I agree 100% with your sediment. It's about educating the herd of drivers that don't understand basic business principals that will be the hurdle.


----------



## JimS (Aug 18, 2015)

What do rocks and sand and executives have to do with anything?

Anyway, thanks for writing in. Happy to help.

The only way to manipulate a surge is by removing available drivers out of an area where high demand is expected. Surge is based on historical demand adjusted to current weather, activities and available cars.

Sorry Denver. Didn't mean to take away from your sentiment. It was the principle of the thing.


----------



## Disgusted Driver (Jan 9, 2015)

Yeah, I find that drivers here are not to bright, guess they are new, bless their hearts. 

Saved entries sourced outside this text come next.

-- ===== src/Tests/Floats.antt =====
-- Runs of the quantized floats and of the type names, and their theorems at concrete inputs.
use haste.Prelude.{ℕ, ◌+◌, ◌≡◌, refl, arith, true, false, ◌&&◌, [], ◌∷◌}
use haste.Prelude.Int.{pos, ◌+ℤ◌, ◌-ℤ◌, ◌*ℤ◌}
use haste.Outcome.{ok, panic}
use haste.BitReader.{BitReader, num_bits_left, read_bool, read_ubit64}
use haste.QuantizedFloat.Bits.{EndsIn, BitsAsked, new-EndsIn}
use haste.QuantizedFloat.{
  new, assign_range_multiplier, QuantizedFloat, zero_f, compute_encode_flags, decode, skip,
  skip_bits,
}
use haste.QuantizedFloat.Flags.{is_consistent, compute_encode_flags-is_consistent}
use haste.QuantizedFloat.Skips.{ignore, skip-decode, skip_bits-decode}
use haste.Tests.BitList.{bit_list, bit_list-Documented, number_floats, take_bits, take_bit}

abbrev reader : BitReader (bit_list true)
reader = record {
  inner = false ∷ false ∷ true ∷ true ∷ false ∷ true ∷ [];
  did_check_overflow = false;
}

-- A flag for rounding down and one for zero, then three bits.
abbrev coarse : QuantizedFloat number_floats
coarse = record {
  bit_count = 3;
  encode_flags = 5;
  low_value = pos 10;
  high_value = pos 20;
  high_low_mul = pos 1;
  decode_mul = pos 1;
}

abbrev behind : BitReader (bit_list true)
behind = record { inner = true ∷ []; did_check_overflow = false }

decoded : decode coarse reader ≡ ok (pos 40, behind)
unfolding decode read_bool read_ubit64 take_bit take_bits ◌+ℤ◌ ◌-ℤ◌ ◌*ℤ◌
decoded = refl

skip-decode_example : skip coarse reader ≡ ignore (decode coarse) reader
skip-decode_example = skip-decode coarse reader

skip_bits-decode_example :
    (n : ℕ) × (skip_bits coarse reader ≡ ok (n, behind))
    × (num_bits_left behind + n ≡ num_bits_left reader)
skip_bits-decode_example =
    skip_bits-decode (bit_list-Documented true) coarse reader (omega arith) decoded

computed : compute_encode_flags number_floats 5 (pos 0) (pos 8) ≡ ok 1
unfolding compute_encode_flags
computed = refl

compute_encode_flags-is_consistent_example :
    is_consistent
      (number_floats.lt (pos 0) (zero_f number_floats)
        && number_floats.lt (zero_f number_floats) (pos 8))
      1
    ≡ true
compute_encode_flags-is_consistent_example =
    compute_encode_flags-is_consistent number_floats 5 (pos 0) (pos 8) computed

new-EndsIn_example : EndsIn (BitsAsked number_floats (pos 8)) (new true (pos 8) 4 (pos 0) (pos 255))
new-EndsIn_example = new-EndsIn number_floats (pos 8) 4 (pos 0) (pos 255)

-- The steps of 31 bits are no positive i32.
thirty_one_bits : new {f = number_floats} true (pos 31) 0 (pos 0) (pos 255) ≡ panic
unfolding new compute_encode_flags assign_range_multiplier ◌+ℤ◌ ◌-ℤ◌ ◌*ℤ◌
thirty_one_bits = refl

At 1:50AM, just before the bars close they are sitting downtown waiting for a 1X call. at 1:55 they are all gone and suddenly the surge is on. Same thing with events, they are sitting outside of the event, online, waiting for it to be over, that's just dumb. So if we can't wisen them up to the simple things, how are we going to get them to act in an organized fashion. 

I could bring Uber to it's knees very quickly if I could coordinate the efforts of all the drivers in an area but that's hard since we don't have an effective way to communicate with each other. If we all just went offline and looked at the passenger app till the surge hit 2.5 or 3 and then all went online to take the rides ... Uber would need to deal with it quickly or lose a lot of riders with a bad taste in their mouth.


----------



## JimS (Aug 18, 2015)

Disgusted Driver said:


> If we all just went offline and looked at the passenger app till the surge hit 2.5 or 3 and then all went online to take the rides ...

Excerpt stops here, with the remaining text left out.